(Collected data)
********
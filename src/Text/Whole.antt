-- ===== src/Text/Whole.antt =====
-- src/tokenizer/tokenizer.cpp, `utf8_complete_len` on a text of whole characters that is cut off
-- anywhere.
use libmlxforge.Common.{
  ℕ, zero, suc, ◌+◌, ◌≤◌, ◌<◌, true, false, List, [], ◌∷◌, ◌++◌, Bytes, length, take, drop, leb,
  if◌then◌else◌, ◌≡◌, refl, sym, ◌∙◌, ap, subst, arith, Bool-cases, inl, inr, ◌⊎◌, length-append,
  append_assoc, take-append,
}
use libmlxforge.Text.Complete.{
  take-append_left, utf8_complete_len_bounds, last_start_stop, last_start_back,
}
use libmlxforge.Text.Stream.{
  byte_at, is_continuation, last_start, needed, complete_from, utf8_complete_len,
}
use libmlxforge.Token.Bpe.{head_or}
use libmlxforge.Token.Merge.{flat}

abbrev pub AllTrail : Bytes → Type 0
AllTrail [] = Unit
AllTrail (x ∷ s) = ((0x80 ≤ x) × (x < 0xC0)) × AllTrail s

-- The lead byte for so many bytes behind it.
abbrev pub IsLead : ℕ → ℕ → Type 0
IsLead zero c = c < 0x80
IsLead (suc zero) c = (0xC0 ≤ c) × (c < 0xE0)
IsLead (suc (suc zero)) c = (0xE0 ≤ c) × (c < 0xF0)
IsLead (suc (suc (suc zero))) c = (0xF0 ≤ c) × (c < 0xF8)
IsLead (suc (suc (suc (suc n)))) c = ⊥

-- One character of UTF-8: a lead byte, and the trailing bytes that it announces.
abbrev pub IsChar : Bytes → Type 0
IsChar [] = ⊥
IsChar (c ∷ s) = IsLead (length s) c × AllTrail s

abbrev pub AllChars : List Bytes → Type 0
AllChars [] = Unit
AllChars (s ∷ l) = IsChar s × AllChars l

lead_lem : (n c : ℕ) → IsLead n c → (needed c ≡ suc n) × (is_continuation c ≡ false)
unfolding needed
lead_lem zero c h = (ground (arith, h), ground (arith, h))
lead_lem (suc zero) c h = (ground (arith, h), ground (arith, h))
lead_lem (suc (suc zero)) c h = (ground (arith, h), ground (arith, h))
lead_lem (suc (suc (suc zero))) c h = (ground (arith, h), ground (arith, h))
lead_lem (suc (suc (suc (suc n)))) c h = absurd h

AllTrail-append_left : (a b : Bytes) → AllTrail (a ++ b) → AllTrail a
AllTrail-append_left [] b h = tt
AllTrail-append_left (x ∷ a) b h = (h.0, AllTrail-append_left a b h.1)

trail_at : (s : Bytes) (i : ℕ) → AllTrail s → i < length s → is_continuation (byte_at s i) ≡ true
unfolding byte_at
trail_at [] i h l = absurd (omega (arith, l))
trail_at (x ∷ s) zero h l = ground (arith, h.0)
trail_at (x ∷ s) (suc i) h l = trail_at s i h.1 (omega (arith, l))

byte_at-skip : (a b : Bytes) (i k : ℕ) → k ≡ length a + i → byte_at (a ++ b) k ≡ byte_at b i
unfolding byte_at
byte_at-skip [] b i k e = ap (byte_at b) (omega (arith, e))
byte_at-skip (x ∷ a) b i zero e = absurd (omega (arith, e))
byte_at-skip (x ∷ a) b i (suc k) e = byte_at-skip a b i k (omega (arith, e))

-- Behind a lead byte and trailing bytes the scan goes back to the lead byte.
last_start-lead :
    (a s : Bytes) (c j k : ℕ)
    → is_continuation c ≡ false
    → AllTrail s
    → j ≤ length s
    → k ≡ length a + j
    → last_start (a ++ (c ∷ s)) k ≡ length a
unfolding last_start byte_at
last_start-lead a s c zero zero n h l e = omega (arith, e)
last_start-lead a s c zero (suc k) n h l e =
    last_start_stop (a ++ (c ∷ s)) k (ap is_continuation (byte_at-skip a (c ∷ s) 0 (suc k) e) ∙ n)
    ∙ omega (arith, e)
last_start-lead a s c (suc j) zero n h l e = absurd (omega (arith, e))
last_start-lead a s c (suc j) (suc k) n h l e =
    last_start_back (a ++ (c ∷ s)) k (
      ap is_continuation (byte_at-skip a (c ∷ s) (suc j) (suc k) e)
      ∙ trail_at s j h (omega (arith, l)))
    ∙ last_start-lead a s c j k n h (omega (arith, l)) (omega (arith, e))

complete_nonempty :
    (s : Bytes) (n start : ℕ)
    → length s ≡ suc n
    → last_start s n ≡ start
    → utf8_complete_len s ≡ complete_from s start
unfolding utf8_complete_len
complete_nonempty [] n start l e = absurd (omega (arith, l))
complete_nonempty (c ∷ s) n start l e =
    ap (complete_from (c ∷ s))
      (ap (last_start (c ∷ s)) {x = length s} {y = n} (omega (arith, l)) ∙ e)

complete_from_lead :
    (s : Bytes) (start c m n : ℕ)
    → byte_at s start ≡ c
    → needed c ≡ suc n
    → length s ≡ start + suc m
    → complete_from s start ≡ (if leb n m then start + suc m else start)
unfolding complete_from
complete_from_lead s start c m n e f g = ground (arith, ap needed e, f, g)

-- Behind `a`, a lead byte with its first trailing bytes counts when it has all of them.
complete_lead :
    (a s : Bytes) (c n : ℕ)
    → IsLead n c
    → AllTrail s
    → utf8_complete_len (a ++ (c ∷ s))
      ≡ (if leb n (length s) then length a + suc (length s) else length a)
unfolding byte_at
complete_lead a s c n h t =
    let (w, k) = lead_lem n c h in
    let full = length-append a (c ∷ s) in
    let at = byte_at-skip a (c ∷ s) 0 (length a) (omega arith) in
    complete_nonempty (a ++ (c ∷ s)) (length a + length s) (length a) (omega (arith, full))
      (last_start-lead a s c (length s) (length a + length s) k t (omega arith) refl)
    ∙ complete_from_lead (a ++ (c ∷ s)) (length a) c (length s) n at w full

-- A prefix of two texts: it ends in the first, or behind it.
cut_lem :
    (x t p r : Bytes)
    → x ++ t ≡ p ++ r
    → ((u : Bytes) × (p ≡ x ++ u)) ⊎ ((u : Bytes) × (x ≡ p ++ u) × (u ++ t ≡ r) × (0 < length u))
cut_lem [] t p r e = inl (p, refl)
cut_lem (c ∷ x) t [] r e = inr (c ∷ x, refl, e, omega arith)
cut_lem (c ∷ x) t (d ∷ p) r e = elim (cut_lem x t p r (ap (drop 1) e)) [
  | inl (u, f) ↦ inl (u, ap (◌∷◌ d) f ∙ ap (λ z. z ∷ (x ++ u)) (sym (ap (head_or 0) e)))
  | inr (u, f, g, h) ↦ inr (u, ap (◌∷◌ c) f ∙ ap (λ z. z ∷ (p ++ u)) (ap (head_or 0) e), g, h)
]

-- The first `k` characters are all that is whole within `n` bytes.
abbrev pub IsMost : ℕ → List Bytes → ℕ → Type 0
IsMost k l n = (n < length (flat (take (suc k) l))) ⊎ (length l ≤ k)

IsMost-one :
    (c : ℕ) (p : Bytes) (l : List Bytes) (n : ℕ)
    → AllChars l
    → n ≡ suc (length p)
    → IsMost 1 ((c ∷ p) ∷ l) n
IsMost-one c p [] n h e = inr (omega arith)
IsMost-one c p ([] ∷ l) n h e = absurd h.0
IsMost-one c p ((d ∷ q) ∷ l) n h e = inl (omega (arith, length-append p ((d ∷ q) ++ []), e))

IsMost-suc :
    (k : ℕ) (s : Bytes) (l : List Bytes) (m n : ℕ)
    → n ≡ length s + m
    → IsMost k l m
    → IsMost (suc k) (s ∷ l) n
IsMost-suc k s l m n e (inl h) = inl (omega (arith, length-append s (flat (take (suc k) l)), e, h))
IsMost-suc k s l m n e (inr h) = inr (omega (arith, h))

inside :
    (c : ℕ) (p : Bytes) (l : List Bytes) (a w u : Bytes)
    → AllChars ((c ∷ p) ∷ l)
    → p ≡ w ++ u
    → (k : ℕ) × (utf8_complete_len (a ++ (c ∷ w)) ≡ length a + length (flat (take k ((c ∷ p) ∷ l))))
      × IsMost k ((c ∷ p) ∷ l) (suc (length w))
inside c p l a w u h f =
    let q =
      complete_lead a w c (length p) h.0.0 (AllTrail-append_left w u (subst AllTrail f h.0.1)) in
    let n = ap length f ∙ length-append w u in
    elim (Bool-cases (leb (length p) (length w))) [
      | inl b ↦
          let same : length w ≡ length p = ground (arith, n, b) in
          (
            1,
            q
                ∙ ap (λ z. if z then length a + suc (length w) else length a) b
                ∙ omega (arith, length-append (c ∷ p) [], same),
            IsMost-one c p l (suc (length w)) h.1 (ap suc same),
          )
      | inr b ↦ (
        0,
        q ∙ ap (λ z. if z then length a + suc (length w) else length a) b ∙ omega arith,
        inl (ground (arith, length-append p [], b)),
      )
    ]

walk :
    (l : List Bytes) (a w t : Bytes)
    → AllChars l
    → w ++ t ≡ flat l
    → 0 < length w
    → (k : ℕ) × (utf8_complete_len (a ++ w) ≡ length a + length (flat (take k l)))
      × IsMost k l (length w)
walk [] a [] t h e n = absurd (omega (arith, n))
walk [] a (x ∷ w) t h e n = absurd (omega (arith, ap length e))
walk ([] ∷ l) a w t h e n = absurd h.0
walk ((c ∷ p) ∷ l) a [] t h e n = absurd (omega (arith, n))
walk ((c ∷ p) ∷ l) a (x ∷ w) t h e n =
    let head : x ≡ c = ap (head_or 0) e in
    elim (cut_lem w t p (flat l) (ap (drop 1) e)) [
      | inl (u, f) ↦
          let (k, q, b) = inside c p l a w u h f in
          (k, ap (λ z. utf8_complete_len (a ++ (z ∷ w))) head ∙ q, b)
      | inr (u, f, g, m) ↦
          let (k, q, b) = walk l (a ++ (c ∷ p)) u t h.1 g m in
          let moved : a ++ (x ∷ w) ≡ (a ++ (c ∷ p)) ++ u =
            ap (λ z. a ++ (z ∷ w)) head
            ∙ ap (λ z. a ++ (c ∷ z)) f
            ∙ sym (append_assoc a (c ∷ p) u) in
          (
            suc k,
            ap utf8_complete_len moved
                ∙ q
                ∙ omega (arith, length-append a (c ∷ p), length-append (c ∷ p) (flat (take k l))),
            IsMost-suc k (c ∷ p) l (length u) (suc (length w))
                (omega (arith, ap length f, length-append p u)) b,
          )
    ]

flat-take-drop : (k : ℕ) (l : List Bytes) → flat (take k l) ++ flat (drop k l) ≡ flat l
flat-take-drop zero l = refl
flat-take-drop (suc k) [] = refl
flat-take-drop (suc k) (s ∷ l) =
    append_assoc s (flat (take k l)) (flat (drop k l)) ∙ ap (λ z. s ++ z) (flat-take-drop k l)

-- A text of whole characters that is cut off anywhere: the complete prefix is some of its first
-- characters, and no character more is whole before the cut.
pub whole_lem :
    (chars : List Bytes) (s t : Bytes)
    → AllChars chars
    → s ++ t ≡ flat chars
    → (k : ℕ) × (take (utf8_complete_len s) s ≡ flat (take k chars)) × IsMost k chars (length s)
unfolding utf8_complete_len
whole_lem [] [] t h e = (0, refl, inr (omega arith))
whole_lem ([] ∷ chars) [] t h e = absurd h.0
whole_lem ((d ∷ p) ∷ chars) [] t h e = (0, refl, inl (omega arith))
whole_lem chars (c ∷ s) t h e =
    let (k, q, b) = walk chars [] (c ∷ s) t h e (omega arith) in
    let n = utf8_complete_len (c ∷ s) in
    let joined = e ∙ sym (flat-take-drop k chars) in
    let l = (utf8_complete_len_bounds (c ∷ s)).0 in
    (
      k,
      sym (take-append_left n (c ∷ s) t l)
          ∙ ap (take n) joined
          ∙ take-append n (flat (take k chars)) (flat (drop k chars)) (omega (arith, q)),
      b,
    )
********
* _WHAT TO DO_:
Among the records above, extract exactly the lines from the line with "complete_lead a w" to the line with "l (length w)", both lines included, and leave out the rest.

* _PROBLEM SOLUTION_:
      complete_lead a w c (length p) h.0.0 (AllTrail-append_left w u (subst AllTrail f h.0.1)) in
    let n = ap length f ∙ length-append w u in
    elim (Bool-cases (leb (length p) (length w))) [
      | inl b ↦
          let same : length w ≡ length p = ground (arith, n, b) in
          (
            1,
            q
                ∙ ap (λ z. if z then length a + suc (length w) else length a) b
                ∙ omega (arith, length-append (c ∷ p) [], same),
            IsMost-one c p l (suc (length w)) h.1 (ap suc same),
          )
      | inr b ↦ (
        0,
        q ∙ ap (λ z. if z then length a + suc (length w) else length a) b ∙ omega arith,
        inl (ground (arith, length-append p [], b)),
      )
    ]

walk :
    (l : List Bytes) (a w t : Bytes)
    → AllChars l
    → w ++ t ≡ flat l
    → 0 < length w
    → (k : ℕ) × (utf8_complete_len (a ++ w) ≡ length a + length (flat (take k l)))
      × IsMost k l (length w)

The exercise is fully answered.